Even though I have lived in Utah for more than 70 years, and now reside in Murray, I am often asked, “Where are you from?
It seems that many of my fellow Utah citizens cannot comprehend that someone like me, a Hispanic person, can be from this state. I pretend that I don’t understand why they are asking this question, and say, “Why do you ask?”
They usually answer with some modification of the implication that, because I don’t look like most Utah inhabitants, I must be from someplace else.
I did come from someplace else, but that was in 1950. Back then, the U.S. government was looking for workers who could handle munitions and other war-related materials left over from World War II, because they were building up the Tooele Ordnance Depot as a place to store all their excess inventory.
Because Utah’s small population at the time could not provide the substantial number of workers needed, the government went recruiting in southern Colorado and northern New Mexico. People from those areas were willing to come to Utah because of the promise of good wages, a place to live and a job they could handle, as they were all veterans. Also, life was hard, and there were few good jobs to be had in the small towns they lived in.

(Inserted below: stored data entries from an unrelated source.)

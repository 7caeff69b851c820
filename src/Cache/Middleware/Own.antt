-- ===== src/Cache/Middleware/Own.antt =====
-- What a handler does to the cache on behalf of one merchant: lookups, writes and removals by prefix, each
-- under the merchant's own keys.
use smart_proxy.Cache.Reads.{
  find_entry-get, find_entry-set, Kept, Kept-trans, find_entry-delete_by_prefix,
  find_entry-get_self,
}
use smart_proxy.Base.{
  ℕ, ◌≡◌, refl, sym, ap, subst, ◌∙◌, ◌≢◌, ◌⊎◌, inl, inr, false, not, Option, none, some, ◌∷◌, ◌++◌,
  arith, nat_eq, text_eq, text_beq, text_beq_iff, Bool-cases,
}
use smart_proxy.Base.Text.{Text, has_prefix}
use smart_proxy.Cache.Memory.{
  MemoryCache, CachedResponse, CacheEntry, get, set, delete_by_prefix, new_entry,
}
use smart_proxy.Cache.Memory.Fit.{recent}
use smart_proxy.Cache.Memory.Invariant.{IsConsistent}
use smart_proxy.Cache.Memory.Steps.{get-IsConsistent, delete_by_prefix-IsConsistent}
use smart_proxy.Cache.Memory.Writes.{set-IsConsistent}
use smart_proxy.Cache.Memory.Spec.{delete_by_prefix_lem, find_entry, spec_set, set-spec_set}
use smart_proxy.Cache.Isolation.{
  find_entry-keep, IsMerchant, same_merchant, answer, get-answer, other_merchant,
}

-- `c` comes from `mc` by such calls, and what they write satisfies `P`
pub data Own (m : Text) (P : CachedResponse → Type 0) (mc : MemoryCache)
    : MemoryCache → Type 0 where
  untouched : Own m P mc mc
  looked :
      {c : MemoryCache} (rest : Text) (now : ℕ)
      → Own m P mc c
      → Own m P mc (get c (m ++ b':' ∷ rest) now).0
  stored :
      {c : MemoryCache} (rest : Text) (resp : CachedResponse) (ttl now : ℕ)
      → P resp
      → Own m P mc c
      → Own m P mc (set c (m ++ b':' ∷ rest) resp ttl now)
  dropped :
      {c : MemoryCache} (rest : Text)
      → Own m P mc c
      → Own m P mc (delete_by_prefix c (m ++ b':' ∷ rest))

pub Own-IsConsistent :
    {m : Text} {P : CachedResponse → Type 0} {mc c : MemoryCache}
    → IsConsistent mc
    → Own m P mc c
    → IsConsistent c
Own-IsConsistent w untouched = w
Own-IsConsistent w (looked rest now o) = get-IsConsistent _ _ now (Own-IsConsistent w o)
Own-IsConsistent w (stored rest resp ttl now p o) =
    set-IsConsistent _ _ resp ttl now (Own-IsConsistent w o)
Own-IsConsistent w (dropped rest o) = delete_by_prefix-IsConsistent _ _ (Own-IsConsistent w o)

other_key :
    (m n rest own : Text)
    → IsMerchant m
    → IsMerchant n
    → m ≢ n
    → text_beq (n ++ b':' ∷ rest) (m ++ b':' ∷ own) ≡ false
other_key m n rest own h k differ =
    elim (Bool-cases (text_beq (n ++ b':' ∷ rest) (m ++ b':' ∷ own))) [
      | inl same ↦
          absurd (differ (sym (same_merchant n m rest own k h ((text_beq_iff _ _).0 same)).0))
      | inr other ↦ other
    ]

module _ {m n : Text} {P : CachedResponse → Type 0} {mc : MemoryCache} (rest : Text)
    (w : IsConsistent mc) (h : IsMerchant m) (k : IsMerchant n) (differ : m ≢ n) where
  -- Another merchant's entry is as it was, or evicted.
  pub Own-find_entry :
      {c : MemoryCache}
      → Own m P mc c
      → Kept (find_entry (n ++ b':' ∷ rest) (recent mc)) (find_entry (n ++ b':' ∷ rest) (recent c))
  Own-find_entry untouched = inr refl
  Own-find_entry (looked {c} own now o) = Kept-trans (Own-find_entry o) (
      inr (
        find_entry-get c (n ++ b':' ∷ rest) _ now (Own-IsConsistent w o)
          (other_key m n rest own h k differ)))
  Own-find_entry (stored {c} own resp ttl now p o) = Kept-trans (Own-find_entry o) (
      find_entry-set c (n ++ b':' ∷ rest) _ resp ttl now (Own-IsConsistent w o)
        (other_key m n rest own h k differ))
  Own-find_entry (dropped {c} own o) = Kept-trans (Own-find_entry o) (
      inr (
        find_entry-delete_by_prefix c (n ++ b':' ∷ rest) _ (Own-IsConsistent w o)
          (other_merchant m n own rest h k differ)))

  -- What is done for one merchant shows another nothing that the other could not read before.
  pub Own_isolates :
      (c : MemoryCache) (now : ℕ)
      → Own m P mc c
      → ((get c (n ++ b':' ∷ rest) now).1 ≡ none)
        ⊎ ((get c (n ++ b':' ∷ rest) now).1 ≡ (get mc (n ++ b':' ∷ rest) now).1)
  Own_isolates c now o =
      let key = n ++ b':' ∷ rest in
      let after = get-answer c key now (Own-IsConsistent w o) in
      elim (Own-find_entry o) [
        | inl gone ↦ inl (after ∙ ap (answer now) gone)
        | inr same ↦ inr (after ∙ ap (answer now) same ∙ sym (get-answer mc key now w))
      ]

-- An entry is as it was, or evicted, or was written with a response that satisfies `P`.
abbrev Origin : (CachedResponse → Type 0) → Option CacheEntry → Option CacheEntry → Type 0
Origin P before after = Kept before after ⊎ ((e : CacheEntry) × P e.response × (after ≡ some e))

Kept-Origin :
    (P : CachedResponse → Type 0) {a b c : Option CacheEntry}
    → Origin P a b
    → Kept b c
    → Origin P a c
Kept-Origin P o (inl gone) = inl (inl gone)
Kept-Origin P (inl kept) (inr same) = inl (Kept-trans kept (inr same))
Kept-Origin P (inr (e, p, written)) (inr same) = inr (e, p, same ∙ written)

module _ {m : Text} {P : CachedResponse → Type 0} {mc : MemoryCache} (k : Text)
    (w : IsConsistent mc) where
  pub Own-Origin :
      {c : MemoryCache}
      → Own m P mc c
      → Origin P (find_entry k (recent mc)) (find_entry k (recent c))
  unfolding find_entry spec_set
  Own-Origin untouched = inl (inr refl)
  Own-Origin (looked {c} own now o) = elim (Bool-cases (text_beq k (m ++ b':' ∷ own))) [
    | inl same ↦
        let named : k ≡ m ++ b':' ∷ own = (text_beq_iff _ _).0 same in
        Kept-Origin P (Own-Origin o) (
          subst (λ j. Kept (find_entry k (recent c)) (find_entry k (recent (get c j now).0))) named
            (find_entry-get_self c k now (Own-IsConsistent w o)))
    | inr other ↦
        Kept-Origin P (Own-Origin o) (inr (find_entry-get c k _ now (Own-IsConsistent w o) other))
  ]
  Own-Origin (stored {c} own resp ttl now p o) = elim (Bool-cases (text_beq k (m ++ b':' ∷ own))) [
    | inl same ↦
        let named : k ≡ m ++ b':' ∷ own = (text_beq_iff _ _).0 same in
        inr (
          new_entry (m ++ b':' ∷ own) resp ttl now,
          p,
          rw (set-spec_set c (m ++ b':' ∷ own) resp ttl now (Own-IsConsistent w o))
              (ground (arith, text_beq_iff (m ++ b':' ∷ own) k)),
        )
    | inr other ↦
        Kept-Origin P (Own-Origin o)
          (find_entry-set c k _ resp ttl now (Own-IsConsistent w o) other)
  ]
  Own-Origin (dropped {c} own o) = elim (Bool-cases (has_prefix k (m ++ b':' ∷ own))) [
    | inl inside ↦ inl (
        inl (
          ap (find_entry k) (delete_by_prefix_lem c _ (Own-IsConsistent w o))
          ∙ find_entry-keep (λ j. not (has_prefix j (m ++ b':' ∷ own))) k (recent c)
          ∙ rw inside refl))
    | inr outside ↦
        Kept-Origin P (Own-Origin o)
          (inr (find_entry-delete_by_prefix c k _ (Own-IsConsistent w o) outside))
  ]

  -- so what a read finds was there to be read before, or satisfies `P`
  pub Own_origin :
      (c : MemoryCache) (now : ℕ) (resp : CachedResponse)
      → Own m P mc c
      → (get c k now).1 ≡ some resp
      → ((get mc k now).1 ≡ some resp) ⊎ P resp
  Own_origin c now resp o found =
      let after : answer now (find_entry k (recent c)) ≡ some resp =
        sym (get-answer c k now (Own-IsConsistent w o)) ∙ found in
      elim (Own-Origin o) [
        | inl (inl gone) ↦ absurd (ground (arith, after, gone))
        | inl (inr same) ↦ inl (get-answer mc k now w ∙ ap (answer now) (sym same) ∙ after)
        | inr (e, p, written) ↦ let read : e.response ≡ resp = ground arith in inr (subst P read p)
      ]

The government built a small town with cinder block homes for the new arrivals. They named the town Tod Park. It was located approximately five miles south of Tooele. It has since disappeared with time, but in its day, it was quite a bustling place.
There was one problem. Most of us, especially the children, spoke mainly Spanish. So, when we started school, we failed the first grade. That was the answer for non-English speakers in those days, before bilingual/ESL programs were created for children like us. We began our education with the stigma of failure.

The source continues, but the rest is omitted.